В результате 4 параллельных агента дают 4-кратный объём поиска, 4-кратное количество источников и 4 независимые точки зрения — при этом контекстное окно каждого используется по максимуму.
16 специализированных навыков (Skills)
| Категория | Skill | Назначение |
|---|---|---|
| Глубокий анализ | /investment-research | Комплексный анализ по 4 методологиям |
| Глубокий анализ | /investment-team | 4 агента параллельно |
| Глубокий анализ | /management-deep-dive | Анализ менеджмента |
| Отчётность | /earnings-review | Чтение первичных финотчётов |
| Отбор | /industry-funnel | Воронка: весь рынок → 3 компании |
| Отбор | /investment-checklist | 6-шаговый чеклист Баффета |
| Портфель | /portfolio-review | Управление позициями |
| Инструменты | /dyp-ask | Вопросы в стиле Дуань Юнпина |
Четыре мастера — четыре противоположные точки зрения
Ключевая идея фреймворка — заставить методологии конфликтовать между собой. Пример анализа Pinduoduo (PDD) демонстрирует, как разные «аналитики» приходят к принципиально разным выводам:
- Дуань Юнпин (бизнес-модель): хорошая компания, модель C2M сложно скопировать → оценка 3,7/5
- Баффет (финансовая оценка): P/E без кэша всего 6,3x, настоящая «машина по печатанию денег» → оценка 4,4/5
- Мангер (обратное мышление): защитный ров мельче, чем кажется → оценка 3,5/5
- Ли Лу (долгосрочная определённость): культура менеджмента вызывает вопросы, неизвестно что будет через 10 лет → оценка 2,0/5
Такое противоречие — когда Баффет говорит «дёшево», а Ли Лу говорит «слишком неопределённо» — и есть реальное состояние инвестиционного решения. Одиночный промпт не способен воспроизвести подобное многоперспективное противостояние.
Защита от ошибок LLM
decimal.Decimal (точная десятичная арифметика), а критические данные обязательно верифицируются из двух независимых источников.В реальном примере с Tencent данные о капитализации из разных источников отличались из-за путаницы единиц (HKD vs CNY). Скрипт проверки:
python3 tools/financial_rigor.py verify-market-cap \
--price 510 --shares 9.11e9 --reported 4.65e12 --currency HKD
# ✅ Верификация пройдена, отклонение 0.08%
Контекст: AI штурмует Уолл-стрит
Проект появился в момент, когда Anthropic активно продвигает Claude в финансовые сервисы. В мае 2026 года компания анонсировала десять готовых шаблонов AI-агентов для финансовой отрасли с интеграцией Microsoft 365 и прямым доступом к данным Moody’s, FactSet, Morningstar и S&P Global.

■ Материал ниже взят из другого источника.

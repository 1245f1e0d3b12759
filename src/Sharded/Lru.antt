-- ===== src/Sharded/Lru.antt =====
-- src/sharded/eviction/lru.rs: the index-based LRU policy with deferred promotions. A function
-- that may panic returns `none` when it does. A method that holds one lock is one function on the
-- state; `get` is two, since it gives up the read lock before it takes the write lock.
pub mod Buffer
pub mod Detach
pub mod Evict
pub mod Fresh
pub mod Links
pub mod Methods
pub mod Place
pub mod Promote
pub mod Push
pub mod Concurrent
pub mod Refine
pub mod Room
pub mod Threads
use test_thread_safe_lru_cac.Base.{
  ℕ, Bool, true, false, Option, none, some, List, [], ◌∷◌, ◌++◌, ◌==◌, leb, if◌then◌else◌, is_some,
  length, get_elem?, set, ◌>>=◌,
}
use test_thread_safe_lru_cac.Assoc
use test_thread_safe_lru_cac.Sharded.Slots.{LruNode, LruInner, slot}

pub record Lru (K V : Type 0) : Type 0 where
  pub inner : LruInner K V
  pub recent_nodes_idx : List ℕ
  pub capacity : ℕ

abbrev pub new_node : {K V : Type 0} → K → V → LruNode K V
new_node k v = record { key = k; value = v; prev = none; next = none }

module _ {K V : Type 0} where
  -- `if let Some(current_head_node) = inner.nodes[head_idx].as_mut() { … }`
  unfoldable pub link_head : LruInner K V → ℕ → ℕ → Option (LruInner K V)
  link_head inner head_idx node_index = do
    o ← get_elem? inner.nodes head_idx
    elim o [
      | none ↦ some inner
      | some node ↦ some (record inner {
        nodes = set inner.nodes head_idx (some (record node { prev = some node_index }));
      })
    ]

  unfoldable pub push_front : LruInner K V → ℕ → Option (LruInner K V)
  unfolding link_head
  push_front inner node_index = do
    let current_head_idx = inner.head
    inner ← elim current_head_idx [
      | some head_idx ↦ link_head inner head_idx node_index
      | none ↦ some (record inner { tail = some node_index })
    ]
    node ← slot inner.nodes node_index
    some (record inner {
      nodes =
          set inner.nodes node_index (some (record node { next = current_head_idx; prev = none }));
      head = some node_index;
    })

  unfoldable pub unlink_prev : LruInner K V → Option ℕ → Option ℕ → Option (LruInner K V)
  unlink_prev inner none node_next = some (record inner { head = node_next })
  unlink_prev inner (some pre_index) node_next = do
    node ← slot inner.nodes pre_index
    some (record inner {
      nodes = set inner.nodes pre_index (some (record node { next = node_next }));
    })

  unfoldable pub unlink_next : LruInner K V → Option ℕ → Option ℕ → Option (LruInner K V)
  unlink_next inner node_pre none = some (record inner { tail = node_pre })
  unlink_next inner node_pre (some next_index) = do
    node ← slot inner.nodes next_index
    some (record inner {
      nodes = set inner.nodes next_index (some (record node { prev = node_pre }));
    })

  unfoldable pub unlink_node : LruInner K V → ℕ → Option (LruInner K V)
  unfolding unlink_prev unlink_next
  unlink_node inner node_index = do
    node ← slot inner.nodes node_index
    inner ← unlink_prev inner node.prev node.next
    unlink_next inner node.prev node.next

  -- One round of the loop of `handle_recent_used`: `slot` is `none` also out of bounds.
  unfoldable pub promote_node : LruInner K V → ℕ → Option (LruInner K V)
  promote_node inner node_index =
      if is_some (slot inner.nodes node_index)
      then (do inner ← unlink_node inner node_index; push_front inner node_index)
      else some inner

  unfoldable pub promote_nodes : LruInner K V → List ℕ → Option (LruInner K V)
  promote_nodes inner [] = some inner
  promote_nodes inner (i ∷ is) = do inner ← promote_node inner i; promote_nodes inner is

  unfoldable pub handle_recent_used : Lru K V → Option (Lru K V)
  handle_recent_used c = do
    inner ← promote_nodes c.inner c.recent_nodes_idx
    some (record c { inner = inner; recent_nodes_idx = [] })

  -- The rest of `get`.
  unfoldable pub get_finish : Lru K V → Option (V × Bool) → Option (Lru K V × Option V)
  get_finish c none = some (c, none)
  get_finish c (some (value, handle_recency)) = do
    c ← (if handle_recency then handle_recent_used c else some c)
    some (c, some value)

  unfoldable pub new : ℕ → Lru K V
  new capacity = record {
    inner = record { map = []; nodes = []; available_slots = []; head = none; tail = none };
    recent_nodes_idx = [];
    capacity = capacity;
  }

  -- `node.value = value`
  unfoldable pub update_value : LruInner K V → ℕ → V → Option (LruInner K V)
  update_value inner node_index value = do
    node ← slot inner.nodes node_index
    some
        (record inner { nodes = set inner.nodes node_index (some (record node { value = value })) })

  -- The slot for a new node: a free one, or one more at the end.
  unfoldable pub place : LruInner K V → K → V → Option (LruInner K V × ℕ)
  place inner key value = elim inner.available_slots [
    | index ∷ rest ↦ do
      _ ← get_elem? inner.nodes index
      some (
        record inner {
          nodes = set inner.nodes index (some (new_node key value));
          available_slots = rest;
        },
        index,
      )
    | [] ↦
        some (
          record inner { nodes = inner.nodes ++ some (new_node key value) ∷ [] },
          length inner.nodes,
        )
  ]

module _ {K V : Type 0} (dec : Discrete K) where
  -- `Self::remove(inner, node_index)`
  unfoldable pub remove_node : LruInner K V → ℕ → Option (LruInner K V)
  remove_node inner node_index = do
    inner ← unlink_node inner node_index
    o ← get_elem? inner.nodes node_index
    elim o [
      | none ↦ some inner
      | some node ↦ some (record inner {
        map = Assoc.remove dec node.key inner.map;
        nodes = set inner.nodes node_index none;
        available_slots = node_index ∷ inner.available_slots;
      })
    ]

  -- The part of `get` under the read lock: the value, and whether the buffer is due.
  unfoldable pub get_read : Lru K V → K → Option (Lru K V × Option (V × Bool))
  get_read c key = elim (Assoc.get dec key c.inner.map) [
    | none ↦ some (c, none)
    | some node_index ↦ do
      node ← slot c.inner.nodes node_index
      let recent = c.recent_nodes_idx ++ node_index ∷ []
      some (record c { recent_nodes_idx = recent }, some (node.value, leb 64 (length recent)))
  ]

  unfoldable pub get : Lru K V → K → Option (Lru K V × Option V)
  unfolding get_read get_finish
  get c key = do (c, hit) ← get_read c key; get_finish c hit

  -- Make room if the capacity is reached.
  unfoldable pub evict : LruInner K V → ℕ → Option (LruInner K V)
  evict inner capacity =
      if leb capacity (length inner.map)
      then elim inner.tail [ none ↦ some inner | some tail_idx ↦ remove_node inner tail_idx ]
      else some inner

  unfoldable pub push_inner : LruInner K V → ℕ → K → V → Option (LruInner K V)
  unfolding update_value evict place
  push_inner inner capacity key value = elim (Assoc.get dec key inner.map) [
    | some node_index ↦ do
      inner ← unlink_node inner node_index
      inner ← update_value inner node_index value
      push_front inner node_index
    | none ↦ do
      inner ← evict inner capacity
      (inner, node_index) ← place inner key value
      push_front (record inner { map = Assoc.insert dec key node_index inner.map }) node_index
  ]

  unfoldable pub push : Lru K V → K → V → Option (Lru K V)
  unfolding push_inner
  push c key value = do
    c ← handle_recent_used c
    inner ← push_inner c.inner c.capacity key value
    some (record c { inner = inner })

  unfoldable pub remove : Lru K V → K → Option (Lru K V)
  remove c key = elim (Assoc.get dec key c.inner.map) [
    | none ↦ some c
    | some node_index ↦ do inner ← remove_node c.inner node_index; some (record c { inner = inner })
  ]

  unfoldable pub contains : Lru K V → K → Bool
  contains c key = Assoc.contains_key dec key c.inner.map

module _ {K V : Type 0} where
  unfoldable pub len : Lru K V → ℕ
  len c = length c.inner.map

  unfoldable pub is_empty : Lru K V → Bool
  is_empty c = length c.inner.map == 0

По данным бенчмарка Vals AI Finance Agent, модели Claude 4 опережают другие фронтирные модели в задачах исследования финансовых активов.
AI Berkshire вписывается в этот тренд, но решает задачу с другого угла: не корпоративный продукт с подпиской, а открытый набор skills для индивидуального инвестора, который хочет мыслить как профессиональная инвестиционная команда.
«Цена — это то, что платишь. Ценность — это то, что получаешь.» — Уоррен Баффет
Быстрый старт
# 1. Установить Claude Code
npm install -g @anthropic-ai/claude-code
# 2. Клонировать репозиторий и скопировать skills
git clone https://github.com/xbtlin/ai-berkshire.git
cp ai-berkshire/skills/*.md ~/.claude/commands/
# 3. Использовать в Claude Code
/investment-research Tencent
/investment-team Meituan
/investment-checklist Apple, NVIDIA, BYD
Проект доступен на GitHub по адресу github.com/xbtlin/ai-berkshire под открытой лицензией.